Yeah. I was not deliberately being passive aggressive -- I was hoping that by talking with her in advance and explaining how much I didn't want people there that she would see that it was not about her and not be personally hurt. But I did leave the door open to her being there, then decide to just go do it the way I wanted. I definitely could have handled that better. One issue is that my mom is almost always hurt and disappointed -- and my reaction to that is to try to make her feel better while simultaneously minimizing my exposure to her. I'm sure that's a mixed message to her.


----------



## FarmTownGirl (Feb 18, 2021)

lifeistooshort said:


> Fair enough, but then why ask your mother if it's super important and then when she indicates it's at least kind of important you ignore that, do what you want, then play dumb?
> 
> Eloping without any discussion would've at least been honest.


I'm not saying it was the right way to handle it, but the *reason *I asked her was that I was hoping she would say no but also I wanted to explain to her, again, how much I did not want to do a ceremony, hoping she would realize it's nothing personal. That didn't work out so well...


----------



## Affaircare (Jan 11, 2010)

@FarmTownGirl ,

First, one thing your mom said kind of stood out to me:

_"Suppose I should stick my chin out and go on. This time I am deeply hurt you could have at least told me in advance. I never thought you would do it again. First time hurt so bad. *I planned my first wedding around my mom so that she could get off work*. *Second wedding made certain whole family there*."_

It sounds like your mom set aside what she wanted "for her mom" on her first wedding, and her expectation was that you would do essentially what she did...at least once! It sounds like for her second wedding, not only did she consider her mom, but she also made sure that people who were important to her were there. Soooo...her expectation was that you would do like she did and that the people who were important to you would be invited--you didn't invite her and thus, she equates that to not being important to you. 

Second, all too often, when a young couple is getting married, the dysfunctional parts of the family come popping out. On one hand, a marriage is two people standing in front of their friends and family and saying "We choose to be together and form a new family". On the other hand, the marriage is a commitment between the two people (and their understanding of God) doing the legal requirements in order to form a new family. So yes, it is your marriage so it's what "you two" want. But also yes, it is you forming a new family in front of and with the support of your old families. It is a joyous moment! 

What struck me here is that over and over, as people here on TAM have said "Um...yeah you actually were kind of inconsiderate" you've come back with "But it's *MY *wedding! Doesn't what *I* want outweigh what other people want?" Well...being inconsiderate means "thoughtlessly causing hurt or inconvenience to others." That's pretty much what you did. Even if it is "your" wedding, you didn't think of others who would be happy for you and want to celebrate with you/for you.

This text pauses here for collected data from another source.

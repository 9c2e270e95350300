-- ===== src/Client/Tests.antt =====
-- A client with connections that accept everything.
use mini_sfu.Base.{
  ℕ, ◌≡◌, refl, Bool, true, false, none, some, List, [], ◌∷◌, ◌⊎◌, inl, inr, All, arith,
}
use mini_sfu.Peer.{new_peer, negotiate}
use mini_sfu.Peer.Negotiation.{Run, Steps, stop, go, asked}
use mini_sfu.Publisher
use mini_sfu.Publisher.{new_publisher}
use mini_sfu.Sfu.{Sfu, new_sfu, get_session, new_session, add_peer}
use mini_sfu.Sfu.Joining
use mini_sfu.Sfu.Joining.{err_default_channel}
use mini_sfu.Signal.{
  Method, join, offer, Request, Parsers, Reply, reply_with_error, reply, handle, handle_params,
  with_parsed, joined, reply_result,
}
use mini_sfu.Transport.{Transport, give_candidates}
use mini_sfu.Client
use mini_sfu.Client.{
  Client, new_client, new_link, ClientError, err_transport_exists, err_no_transport_established,
  err_setting_ice_candidate, err_join, Made, connected, join_unless, answered, answer_with,
}
use mini_sfu.Client.Requests.{Kept, calls}
use mini_sfu.Client.Serving.{IsRefused, Serves, no_more, next, Serves-Kept}
use mini_sfu.Client.Closing.{IsOut, closed_publisher, closed_link, close_lasts}

abbrev easy : Transport Bool ℕ ℕ ℕ
easy = record {
  set_remote_description = λ p d. (true, none);
  has_remote_description = λ p. p;
  add_ice_candidate = λ p c. (p, none);
  create_answer = λ p. (p, inr 50);
  create_offer = λ p. (p, inr 51);
  set_local_description = λ p d. (p, none);
  is_stable = λ p. true;
  close = λ p. (p, none);
}

abbrev parsers : Parsers ℕ ℕ (ClientError ℕ)
parsers = record { parse_join = pair; parse_negotiation = one; parse_trickle = pair }
  where
    one : List ℕ → ClientError ℕ ⊎ ℕ
    one [] = inl (err_setting_ice_candidate 400)
    one (x ∷ xs) = inr x

    pair : List ℕ → ClientError ℕ ⊎ (ℕ × ℕ)
    pair (x ∷ y ∷ xs) = inr (x, y)
    pair xs = inl (err_setting_ice_candidate 400)

abbrev world : Sfu × Client Bool ℕ → Made Bool
world s = record {
  pid = 9;
  subscriber_pc = some false;
  publisher_pc = some false;
  channels = true ∷ [];
}

abbrev request : Method → List ℕ → Request
request m bytes = record { method = m; params = some bytes }

abbrev start : Sfu × Client Bool ℕ
start = (new_sfu, new_client)

-- An offer before a join is refused, and the join is answered.
early :
    handle parsers (calls easy world parsers) start (request offer (1 ∷ []))
    ≡ some (start, reply_with_error err_no_transport_established ∷ [])
unfolding handle handle_params with_parsed reply_result Client.answer answer_with
early = refl

answers_join :
    (handle_params parsers (calls easy world parsers) start join (7 ∷ 1 ∷ [])).1 ≡ reply 50 ∷ []
unfolding handle_params with_parsed joined reply_result Client.join join_unless Client.answer
    answer_with answered connected Joining.join Joining.all_made get_session new_session add_peer
    Publisher.answer Publisher.remote_set Publisher.answer_created Publisher.set_local
    give_candidates
answers_join = refl

-- A `Join` whose default channel fails leaves a publisher behind, so that the next is refused, though no
-- session has the peer.
abbrev unlucky : Sfu × Client Bool ℕ → Made Bool
unlucky s = record {
  pid = 9;
  subscriber_pc = some false;
  publisher_pc = some false;
  channels = false ∷ [];
}

never_again :
    let failed = Client.join {E = ℕ} (unlucky start) start 7 in
    (failed.1 ≡ some (err_join err_default_channel))
    × ((Client.join {E = ℕ} (world failed.0) failed.0 7).1 ≡ some err_transport_exists)
unfolding Client.join join_unless connected Joining.join Joining.all_made get_session new_session
    add_peer
never_again = (refl, refl)

abbrev inside : Sfu × Client Bool ℕ
inside = (
  record {
    heap = record { id = 7; peers = (9, 9) ∷ []; closed = false } ∷ [];
    table = (7, 0) ∷ [];
  },
  record {
    id = 9;
    session = some 0;
    publisher = some (new_publisher 9 false);
    subscriber = some (new_link false);
    negotiation = new_peer true;
  },
)

abbrev history : List (Request × List (Reply ℕ (ClientError ℕ)))
history =
    (request join (8 ∷ 1 ∷ []), reply_with_error err_transport_exists ∷ [])
    ∷ (request offer [], reply_with_error (err_setting_ice_candidate 400) ∷ [])
    ∷ []

served : Serves easy world parsers inside history inside
unfolding handle handle_params with_parsed joined Client.join join_unless
served =
    next inside (request join (8 ∷ 1 ∷ [])) inside (reply_with_error err_transport_exists ∷ [])
      ((request offer [], reply_with_error (err_setting_ice_candidate 400) ∷ []) ∷ []) inside refl
      (next inside (request offer []) inside (reply_with_error (err_setting_ice_candidate 400) ∷ [])
        [] inside refl (no_more inside))

Serves-Kept_example :
    Kept easy inside inside
    × All
        (λ (e : Request × List (Reply ℕ (ClientError ℕ))).
          IsRefused easy world parsers e.0.method e.1)
        history
Serves-Kept_example =
    Serves-Kept easy world parsers inside history inside (new_publisher 9 false, refl) served

abbrev silent : Run
silent = record {
  peer = (Client.close easy inside).1.negotiation;
  offers = 1;
  sent = 1;
  answers = 1;
  wanted = false;
}

abbrev asked_late : Run
asked_late = record silent { peer = negotiate silent.peer; wanted = true }

-- A negotiation is asked for after the end.
too_late : Steps silent asked_late
too_late = go silent asked_late asked_late (asked silent) (stop asked_late)

close_lasts_example :
    let s' = Client.close easy inside in
    (asked_late.sent ≡ 1)
    × IsOut s'.0 (some 0) 9
    × (s'.1.publisher ≡ closed_publisher easy (some (new_publisher 9 false)))
    × (s'.1.subscriber ≡ closed_link easy (some (new_link false)))
    × (Client.close easy s' ≡ s')
close_lasts_example = close_lasts easy inside 1 1 1 false asked_late (omega arith) too_late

It wasn't like you wanted "red" bridesmaids and your mom was throwing a hissy fit because she thought you should have "blue" --or forced you to have a country wedding when you wanted something fancy in the city. Nope. You began your new marriage by focusing only on yourself...to the painful exclusion of others. 

Part of being a married person means that you volunteer to always consider another person--your spouse. And yet you started that relationship by acting in a way that was self-centered and did not consider others. I'm not saying you have to party like it's 1999, because that's not my style either. I'm an introvert and kind of private. But I knew that some of my family and some of my Beloved Buddhist's family ... and friends... would like to wish us well and witness our commitment. So we did a party that considered people but "was us". That's what would have been considerate for you to do. In my opinion, I think that's what would STILL be considerate for you to do. 

If you and your new husband do not want to do another commitment "ceremony" type thing...that's fine. That's you. You already committed in front of the judge. But I think it's reasonable to consider others. COVID made a lot of people miss their wedding and only hold a reception "after the fact" so do that. Do something that "is you." We did a catered BBQ and had pie for wedding cake. Yes--"do you" but yes--consider others. Begin your new life together demonstrating that you aren't self-centered but able to consider others (including your new spouse). Maybe do a potluck in your back yard or at the park. Maybe have a very exclusive dinner at a once-in-a-lifetime restaurant--and the bill will be outrageous but the few you select will be honored. Whatever your thing is, it's reasonable to plan it your way but also to consider that some folks--family and friends--are going to want a way to congratulate you and celebrate this new life.


----------



## *Deidre* (Feb 7, 2016)

FarmTownGirl said:


> Yeah. I was not deliberately being passive aggressive -- I was hoping that by talking with her in advance and explaining how much I didn't want people there that she would see that it was not about her and not be personally hurt. But I did leave the door open to her being there, then decide to just go do it the way I wanted. I definitely could have handled that better. One issue is that my mom is almost always hurt and disappointed -- and my reaction to that is to try to make her feel better while simultaneously minimizing my exposure to her. I'm sure that's a mixed message to her.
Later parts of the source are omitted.